Dataset entries
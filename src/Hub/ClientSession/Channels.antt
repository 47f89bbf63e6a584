-- ===== src/Hub/ClientSession/Channels.antt =====
-- Channel allocation: of 33 consecutive channels one is free, since there are 32 bindings.
use can_hub.Base.{
  ℕ, zero, suc, ◌+◌, ◌-◌, ◌%◌, ◌≤◌, ◌<◌, ◌≡◌, refl, inl, inr, List, [], ◌∷◌, Option, none, some,
  arith, if◌then◌else◌, length, find_index, count, count-zero_of_none, find_index_sound, count-pos,
  Option-cases,
}
use can_hub.Hub.ClientSession.{
  ClientSession, ChannelBinding, blank, on_channel, find_by_channel, allocate_from,
  allocate_channel,
}

-- How often a binding's channel occurs among `n` consecutive channels from `from` on.
single : ChannelBinding → ℕ → ℕ → ℕ
single b from zero = 0
single b from (suc n) = (if on_channel from b then 1 else 0) + single b ((from + 1) % 256) n

-- The same for a list of bindings.
total : List ChannelBinding → ℕ → ℕ → ℕ
total bs from zero = 0
total bs from (suc n) = count (on_channel from) bs + total bs ((from + 1) % 256) n

single-zero :
    (b : ChannelBinding) (from n : ℕ)
    → from < 256
    → b.channel < 256
    → n ≤ (b.channel + 256 - from) % 256
    → single b from n ≡ 0
unfolding single
single-zero b from zero h k l = refl
single-zero b from (suc n) h k l =
    ground (arith, single-zero b ((from + 1) % 256) n (omega arith) k (omega arith))

single-le : (b : ChannelBinding) (from n : ℕ) → from < 256 → n ≤ 256 → single b from n ≤ 1
unfolding single
single-le b from zero h l = omega arith
single-le b from (suc n) h l = ground (
  arith,
  single-le b ((from + 1) % 256) n (omega arith) (omega arith),
  single-zero b ((from + 1) % 256) n,
)

total-cons :
    (b : ChannelBinding) (bs : List ChannelBinding) (from n : ℕ)
    → total (b ∷ bs) from n ≡ single b from n + total bs from n
unfolding total single
total-cons b bs from zero = refl
total-cons b bs from (suc n) = omega (arith, total-cons b bs ((from + 1) % 256) n)

total-nil : (from n : ℕ) → total [] from n ≡ 0
unfolding total
total-nil from zero = refl
total-nil from (suc n) = omega (arith, total-nil ((from + 1) % 256) n)

total-le :
    (bs : List ChannelBinding) (from n : ℕ) → from < 256 → n ≤ 256 → total bs from n ≤ length bs
total-le [] from n h l = omega (arith, total-nil from n)
total-le (b ∷ bs) from n h l =
    omega (arith, total-cons b bs from n, single-le b from n h l, total-le bs from n h l)

taken :
    (s : ClientSession) (attempts from : ℕ)
    → (allocate_from s attempts from).0 ≡ none
    → attempts ≤ total s.bindings from attempts
unfolding allocate_from find_by_channel total
taken s zero from h = omega arith
taken s (suc attempts) from h = elim (Option-cases (find_index (on_channel from) s.bindings)) [
  | inl free ↦ absurd (ground (arith, free))
  | inr (i, busy) ↦
      let (inside, hit) = find_index_sound (on_channel from) s.bindings blank busy in
      omega (
        arith,
        taken s attempts ((from + 1) % 256) (ground (arith, busy)),
        count-pos (on_channel from) s.bindings i blank inside hit,
      )
]

allocated :
    (s : ClientSession) (attempts from : ℕ) {channel : ℕ}
    → (allocate_from s attempts from).0 ≡ some channel
    → from < 256
    → (channel < 256)
      × (count (on_channel channel) s.bindings ≡ 0)
      × ((allocate_from s attempts from).1 ≡ (channel + 1) % 256)
unfolding allocate_from find_by_channel
allocated s zero from {channel} h l = cc
allocated s (suc attempts) from {channel} h l =
    elim (Option-cases (find_index (on_channel from) s.bindings)) [
      | inl free ↦ ground (arith, free, count-zero_of_none (on_channel from) s.bindings free)
      | inr (i, busy) ↦
          ground (arith, busy, allocated s attempts ((from + 1) % 256) {channel = channel})
    ]

-- With 32 bindings and a next channel under 256, allocation succeeds within its 33 attempts, with a
-- channel under 256 that no binding holds, and moves on to the channel after it.
pub allocate_channel_total :
    (s : ClientSession)
    → length s.bindings ≡ 32
    → s.next_channel < 256
    → (channel : ℕ) × (allocate_channel s ≡ (some channel, (channel + 1) % 256))
      × (channel < 256)
      × (count (on_channel channel) s.bindings ≡ 0)
unfolding allocate_channel
allocate_channel_total s sized small = elim (Option-cases (allocate_from s 33 s.next_channel).0) [
  | inl none_free ↦ absurd (
      omega (
        arith,
        taken s 33 s.next_channel none_free,
        total-le s.bindings s.next_channel 33 small (omega arith),
      ))
  | inr (channel, found) ↦
      let (low, fresh, moved) = allocated s 33 s.next_channel found small in
      (channel, pair_eq (allocate_from s 33 s.next_channel) found moved, low, fresh)
]
  where
    pair_eq : (p : Option ℕ × ℕ) {a : Option ℕ} {b : ℕ} → p.0 ≡ a → p.1 ≡ b → p ≡ (a, b)
    pair_eq p e f = λ i. (e i, f i)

_Task directions_
Copy all lines from the entries that contain the word "Option".

_Response box_
  ℕ, zero, suc, ◌+◌, ◌-◌, ◌%◌, ◌≤◌, ◌<◌, ◌≡◌, refl, inl, inr, List, [], ◌∷◌, Option, none, some,
  Option-cases,
taken s (suc attempts) from h = elim (Option-cases (find_index (on_channel from) s.bindings)) [
    elim (Option-cases (find_index (on_channel from) s.bindings)) [
allocate_channel_total s sized small = elim (Option-cases (allocate_from s 33 s.next_channel).0) [
    pair_eq : (p : Option ℕ × ℕ) {a : Option ℕ} {b : ℕ} → p.0 ≡ a → p.1 ≡ b → p ≡ (a, b)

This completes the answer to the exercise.